Message par France »

« L’impunité comme métier »

Il y a un point commun dans toutes ces affaires qui éclatent, encore et encore : le même mécanisme d’impunité, huilé, rodé, presque industriel.

Quand un artiste est accusé — que ce soit par une, dix ou trente femmes — ce n’est jamais seulement “l’homme” qui se retrouve en cause.
C’est tout un écosystème qui se met immédiatement en position de défense : agents, producteurs, communicants, avocats, amis influents, médias partenaires.

Une putain d’machine.

Comme en politique, une machine qui sait très bien faire quatre choses :
  • minimiser,
  • diluer,
  • lubrifier,
  • attendre que ça passe.
Ce n’est pas une question de gauche, de droite, de bobo, de bourgeois, de ceci ou cela.
C’est une question de pouvoir.
De réseaux.
De capital symbolique.
De cette certitude tranquille que “rien ne leur arrivera”, parce que depuis longtemps rien ne leur arrive.

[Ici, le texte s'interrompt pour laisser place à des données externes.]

-- ===== src/Mirror/Compare.antt =====
-- The comparison of a replayed history with what the bridge knows (session_mirror.rs).
use attyd.Common.{
  ℕ, ◌+◌, String, Bool, true, false, ◌&&◌, ◌||◌, Option, none, some, List, [], ◌∷◌, ◌++◌, map,
  Result, ok, err, is_text, if◌then◌else◌, retain, nonempty, last, set_last, length, ltb, drop,
}
use Prim.Native.String.{◌++◌ as text_append}
use attyd.Json.{Json, get_str, index_set}
use attyd.Session.Types.{MirrorError, inconsistent_history, TurnOverlay}
use attyd.History.Reference.{fold_history_update, normalize_history_updates}

module _ (J : Json) where
  open J use {Value, get, as_str, as_object, as_array, value_eq, object, string, null, map_remove}

  -- Equality of `Vec<Value>`.
  unfoldable pub values_eq : List Value → List Value → Bool
  values_eq [] [] = true
  values_eq (a ∷ xs) (b ∷ ys) = value_eq a b && values_eq xs ys
  values_eq _ _ = false

  unfoldable pub history_update_identity : Value → Value
  history_update_identity update = elim (as_object update) [
    | none ↦ update
    | some m ↦ object (map_remove m "messageId")
  ]

  abbrev pub is_kind : Value → String → Bool
  is_kind update kind = is_text (get_str J update "sessionUpdate") kind

  abbrev pub is_text_block : Value → Bool
  is_text_block block = is_text (get_str J block "type") "text"

  abbrev pub blank : Value → Value
  blank block = index_set J block "text" null

  -- The text of a text block.
  unfoldable pub block_text : Value → Option String
  block_text block = if is_text_block block then get_str J block "text" else none

  abbrev pub text_or_empty : Option String → String
  text_or_empty none = ""
  text_or_empty (some t) = t

  -- The block joined to the last one where both are text of one shape, or pushed.
  unfoldable pub join_block : List Value → Value → String → List Value
  join_block normalized block text = elim (last normalized) [
    | none ↦ normalized ++ block ∷ []
    | some previous ↦
        if is_text_block previous && value_eq (blank block) (blank previous)
        then set_last normalized (
            index_set J previous "text"
              (string (text_append (text_or_empty (get_str J previous "text")) text)))
        else normalized ++ block ∷ []
  ]

  unfoldable pub normalize_from_blocks : List Value → List Value → List Value
  unfolding block_text join_block
  normalize_from_blocks normalized [] = normalized
  normalize_from_blocks normalized (block ∷ blocks) =
      normalize_from_blocks
        (elim (block_text block) [
          | none ↦ normalized ++ block ∷ []
          | some text ↦ join_block normalized block text
        ])
        blocks

  unfoldable pub normalize_prompt_blocks : List Value → List Value
  unfolding normalize_from_blocks
  normalize_prompt_blocks blocks = normalize_from_blocks [] blocks

  -- The contents of the user's chunks at the front.
  unfoldable pub leading_prompt : List Value → List Value
  leading_prompt [] = []
  leading_prompt (update ∷ updates) =
      let rest = leading_prompt updates in
      if is_kind update "user_message_chunk"
      then elim (get update "content") [ none ↦ rest | some content ↦ content ∷ rest ]
      else []

  unfoldable pub replay_suffix_starts_with_prompt : List Value → List Value → Bool
  unfolding values_eq leading_prompt normalize_prompt_blocks
  replay_suffix_starts_with_prompt updates prompt =
      values_eq (normalize_prompt_blocks (leading_prompt updates)) (normalize_prompt_blocks prompt)

  -- The loop of `history_prefix_end`: how many updates fold to `prior`, or none. A round ends the
  -- loop where the fold fails.
  unfoldable pub prefix_loop : List Value → List Value → List Value → ℕ → Option ℕ
  unfolding values_eq
  prefix_loop prior prefix [] index = none
  prefix_loop prior prefix (update ∷ updates) index =
      elim (fold_history_update J prefix (history_update_identity update)) [
        | err _ ↦ none
        | ok folded ↦
            let rest = prefix_loop prior folded updates (index + 1) in
            if values_eq folded prior then some (index + 1) else rest
      ]

  unfoldable pub history_prefix_end : List Value → List Value → Option ℕ
  unfolding prefix_loop
  history_prefix_end candidate prior =
      elim (normalize_history_updates J (map history_update_identity prior)) [
        | err _ ↦ none
        | ok known ↦ if nonempty known then prefix_loop known [] candidate 0 else some 0
      ]

  unfoldable pub is_durable : Value → Bool
  is_durable update =
      is_kind update "agent_message_chunk"
      || is_kind update "tool_call"
      || is_kind update "tool_call_update"

  -- `live.iter().all(|expected| replay.by_ref().any(..))`: `live` is a subsequence of `replay`.
  unfoldable pub is_subsequence : List Value → List Value → Bool
  is_subsequence [] replay = true
  is_subsequence (expected ∷ live) [] = false
  is_subsequence (expected ∷ live) (found ∷ replay) =
      is_subsequence (if value_eq found expected then live else expected ∷ live) replay

  unfoldable pub identities : List Value → List Value
  identities updates = map history_update_identity updates

  unfoldable pub replay_contains_completed_turn : List Value → List Value → Bool
  unfolding is_durable is_subsequence identities
  replay_contains_completed_turn replay live =
      elim (normalize_history_updates J (identities (retain is_durable replay))) [
        | err _ ↦ false
        | ok replayed ↦ elim (normalize_history_updates J (identities (retain is_durable live))) [
          | err _ ↦ false
          | ok lived ↦ is_subsequence (identities lived) (identities replayed)
        ]
      ]

  -- The verdict of `commit_load` on a replay, in a session that reconciles.
  unfoldable pub compare_replay :
      List Value → List Value → Option (TurnOverlay J) → Result MirrorError (Unit {0})
  unfolding history_prefix_end replay_suffix_starts_with_prompt replay_contains_completed_turn
  compare_replay candidate prior turn = elim (history_prefix_end candidate prior) [
    | none ↦ err inconsistent_history
    | some prefix_end ↦ elim turn [
      | none ↦ err inconsistent_history
      | some t ↦
          if ltb prefix_end (length candidate)
            && replay_suffix_starts_with_prompt (drop prefix_end candidate) t.prompt
            && replay_contains_completed_turn (drop prefix_end candidate) t.updates
          then ok tt
          else err inconsistent_history
    ]
  ]
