-- ===== src/Mirror/Loads.antt =====
-- The loads of a session's history, with the cache (session_mirror.rs).
use attyd.Common.{
  ℕ, String, Bool, not, ◌&&◌, ◌||◌, none, some, Result, ok, err, ◌>>=◌, ok_or, is_text,
  if◌then◌else◌, length, Outcome, returned, panicked,
}
use attyd.Common.Dict.{lookup, insert}
use attyd.Json.{Json}
use attyd.Session.Types.{
  MirrorPhase, cold, MirrorError, HistoryCacheError, invalid_replay, history, operation_mismatch,
  inconsistent_history, SessionState,
}
use attyd.Session.Admission.{is_loading_phase}
use attyd.Session.Turn.{is_reconciling}
use attyd.Session.Load
use attyd.Session.Commit
use attyd.Session.Commit.{Reply, done, failed}
use attyd.History.Candidate.{replay_updates}
use attyd.History.Cache.{
  HistorySnapshot, HistoryCache, peek, candidate, begin_candidate, append_candidate,
  poison_candidate, commit_candidate, abort_candidate,
}
use attyd.Registry.Types.{SessionRegistry}
use attyd.Registry.Retirement.{stop_countdown}
use attyd.Mirror.Compare.{compare_replay}
use attyd.Mirror.Store.{
  Packages, key_of, require_state, set_state, discharge, prune_retained_terminals,
}

module _ {J : Json} where
  open J use {Value}

  -- `stop_absence` on the observers of a session that is there.
  unfoldable pub stop_observers : SessionRegistry J → String → SessionRegistry J
  unfolding stop_countdown
  stop_observers r id = elim (lookup id r.sessions) [
    | none ↦ r
    | some entry ↦
        let (m, held) = stop_countdown r.shared entry.resources in
        record r { shared = m; sessions = insert id (record entry { resources = held }) r.sessions }
  ]

  -- The guards are those of `Session.Load.begin_load`; the cache has begun the candidate where that
  -- answers `ok`.
  unfoldable pub begin_load :
      SessionRegistry J → String → ℕ → String → SessionRegistry J × Result MirrorError (Unit {0})
  unfolding require_state set_state stop_observers Load.begin_load
  begin_load r id incarnation attempt = elim (require_state r id incarnation) [
    | err e ↦ (r, err e)
    | ok s ↦
        let (begun, answer) = begin_candidate r.history (key_of id incarnation) attempt in
        let (s', reply) = Load.begin_load s attempt answer in
        elim reply [
          | err e ↦ (r, err e)
          | ok _ ↦ (set_state (stop_observers (record r { history = begun }) id) id s', ok tt)
        ]
  ]

  unfoldable pub load_candidate : SessionRegistry J → String → ℕ → String → Result MirrorError ℕ
  unfolding require_state
  load_candidate r id incarnation attempt = elim (require_state r id incarnation) [
    | err e ↦ err e
    | ok s ↦
        if not (is_text s.load_attempt attempt)
        then err operation_mismatch
        else elim (candidate r.history (key_of id incarnation) attempt) [
          | err e ↦ err (history e)
          | ok address ↦ ok address
        ]
  ]

  -- The attempt is in progress, in a phase of loading.
  unfoldable pub is_attempt : SessionState J → String → Bool
  is_attempt s attempt =
      is_text s.load_attempt attempt && (is_loading_phase s.phase || is_reconciling s.phase)

  -- The answer of a call of the cache, as the mirror passes it on.
  abbrev pub cached :
      SessionRegistry J
      → HistoryCache J × Result HistoryCacheError (Unit {0})
      → SessionRegistry J × Result MirrorError (Unit {0})
  cached r (h, ok _) = (record r { history = h }, ok tt)
  cached r (h, err e) = (record r { history = h }, err (history e))

  unfoldable pub append_load_update :
      Packages J
      → SessionRegistry J
      → String
      → ℕ
      → String
      → Value
      → SessionRegistry J × Result MirrorError (Unit {0})
  unfolding require_state is_attempt
  append_load_update k r id incarnation attempt update = elim (require_state r id incarnation) [
    | err e ↦ (r, err e)
    | ok s ↦
        if is_attempt s attempt
        then cached r (append_candidate k.encoder r.history (key_of id incarnation) attempt update)
        else (r, err operation_mismatch)
  ]

  unfoldable pub invalidate_load :
      SessionRegistry J → String → ℕ → String → SessionRegistry J × Result MirrorError (Unit {0})
  unfolding require_state is_attempt
  invalidate_load r id incarnation attempt = elim (require_state r id incarnation) [
    | err e ↦ (r, err e)
    | ok s ↦
        if is_attempt s attempt
        then cached r (poison_candidate r.history (key_of id incarnation) attempt invalid_replay)
        else (r, err operation_mismatch)
  ]

  -- The comparison that a session in reconciliation asks for before the commit.
  unfoldable pub compared :
      SessionRegistry J → String → ℕ → String → SessionState J → Result MirrorError (Unit {0})
  compared r id incarnation attempt s = do
    prior ← ok_or (peek r.history (key_of id incarnation)) inconsistent_history
    elim (candidate r.history (key_of id incarnation) attempt) [
      | err e ↦ err (history e)
      | ok address ↦ elim (replay_updates J (r.history.replays address)) [
        | err e ↦ err (history e)
        | ok updates ↦ compare_replay J updates prior.updates s.active_turn
      ]
    ]

  abbrev pub stamp :
      Result HistoryCacheError (HistorySnapshot J) → Result HistoryCacheError (String × ℕ)
  stamp (err e) = err e
  stamp (ok made) = ok (made.revision, length made.updates)

  -- What follows `history_committed`: the bytes of the overlay are free, and the terminals that the
  -- new history does not show are dropped.
  unfoldable pub settle_load :
      Packages J
      → SessionRegistry J
      → String
      → ℕ
      → SessionState J
      → SessionState J
      → HistorySnapshot J
      → SessionRegistry J
  unfolding set_state prune_retained_terminals
  settle_load k r id incarnation s s' made =
      prune_retained_terminals k (discharge (set_state r id s') s.active_overlay_bytes)
        (key_of id incarnation) made.updates

  -- The steps are those of `Session.Commit.commit_load`, with the answers of the cache.
  unfoldable pub commit_load :
      Packages J
      → SessionRegistry J
      → String
      → ℕ
      → String
      → SessionRegistry J × Outcome (Result MirrorError (HistorySnapshot J))
  unfolding require_state compared settle_load Commit.commit_load
  commit_load k r id incarnation attempt = elim (require_state r id incarnation) [
    | err e ↦ (r, returned (err e))
    | ok s ↦
        let (installed, snapshot) =
          commit_candidate k.encoder r.history (key_of id incarnation) attempt in
        let (s', reply) =
          Commit.commit_load s attempt (compared r id incarnation attempt s) (stamp snapshot) in
        elim reply [
          | failed e ↦ (r, returned (err e))
          | done ↦ elim snapshot [
            | err e ↦ (r, returned (err (history e)))
            | ok made ↦ (
              settle_load k (record r { history = installed }) id incarnation s s' made,
              returned (ok made),
            )
          ]
          | _ ↦ (r, panicked)
        ]
  ]

  unfoldable pub set_phase : SessionRegistry J → String → MirrorPhase → SessionRegistry J
  unfolding set_state
  set_phase r id phase = elim (lookup id r.sessions) [
    | none ↦ r
    | some entry ↦ set_state r id (record entry.state { phase = phase })
  ]

  unfoldable pub commit_attachment_cache :
      Packages J
      → SessionRegistry J
      → String
      → ℕ
      → String
      → SessionRegistry J × Outcome (Result MirrorError (HistorySnapshot J))
  unfolding commit_load set_phase
  commit_attachment_cache k r id incarnation attempt =
      let (r', answer) = commit_load k r id incarnation attempt in
      elim answer [
        | returned (ok made) ↦ (set_phase r' id cold, returned (ok made))
        | other ↦ (r', other)
      ]

  unfoldable pub fail_load :
      SessionRegistry J
      → String
      → ℕ
      → String
      → String
      → Bool
      → SessionRegistry J × Result MirrorError (Unit {0})
  unfolding require_state set_state Load.fail_load
  fail_load r id incarnation attempt message retryable = elim (require_state r id incarnation) [
    | err e ↦ (r, err e)
    | ok s ↦
        let (aborted, answer) = abort_candidate r.history (key_of id incarnation) attempt in
        let (s', reply) = Load.fail_load s attempt answer message retryable in
        elim reply [
          | err e ↦ (r, err e)
          | ok _ ↦ (set_state (record r { history = aborted }) id s', ok tt)
        ]
  ]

Le problème n’est pas “le show-business”.
Le problème, c’est la structure fermée, l’entre-soi, la loyauté de caste, la peur de perdre un ami rentable, un collègue bankable, un symbole utile.
Le problème, c’est l’omerta professionnelle, pas l’étiquette politique.

Et pendant ce temps, le public — celui qui paie, celui qui applaudit, celui qui croit encore à la culture comme espace de liberté — regarde ce théâtre d’auto-protection avec un mélange de lassitude et de dégoût.

Parce qu’au fond, ce que les gens ne supportent plus, ce n’est pas qu’il existe des prédateurs :
c’est qu’ils soient protégés.
C’est qu’ils soient intouchables.
C’est que les victimes, elles, doivent se battre seules, pendant que les puissants se couvrent entre eux.

Ce n’est pas une élite “dégénérée”.
C’est une élite qui ne se sanctionne jamais elle-même.

Et ça, oui :
le peuple en a marre de financer ça.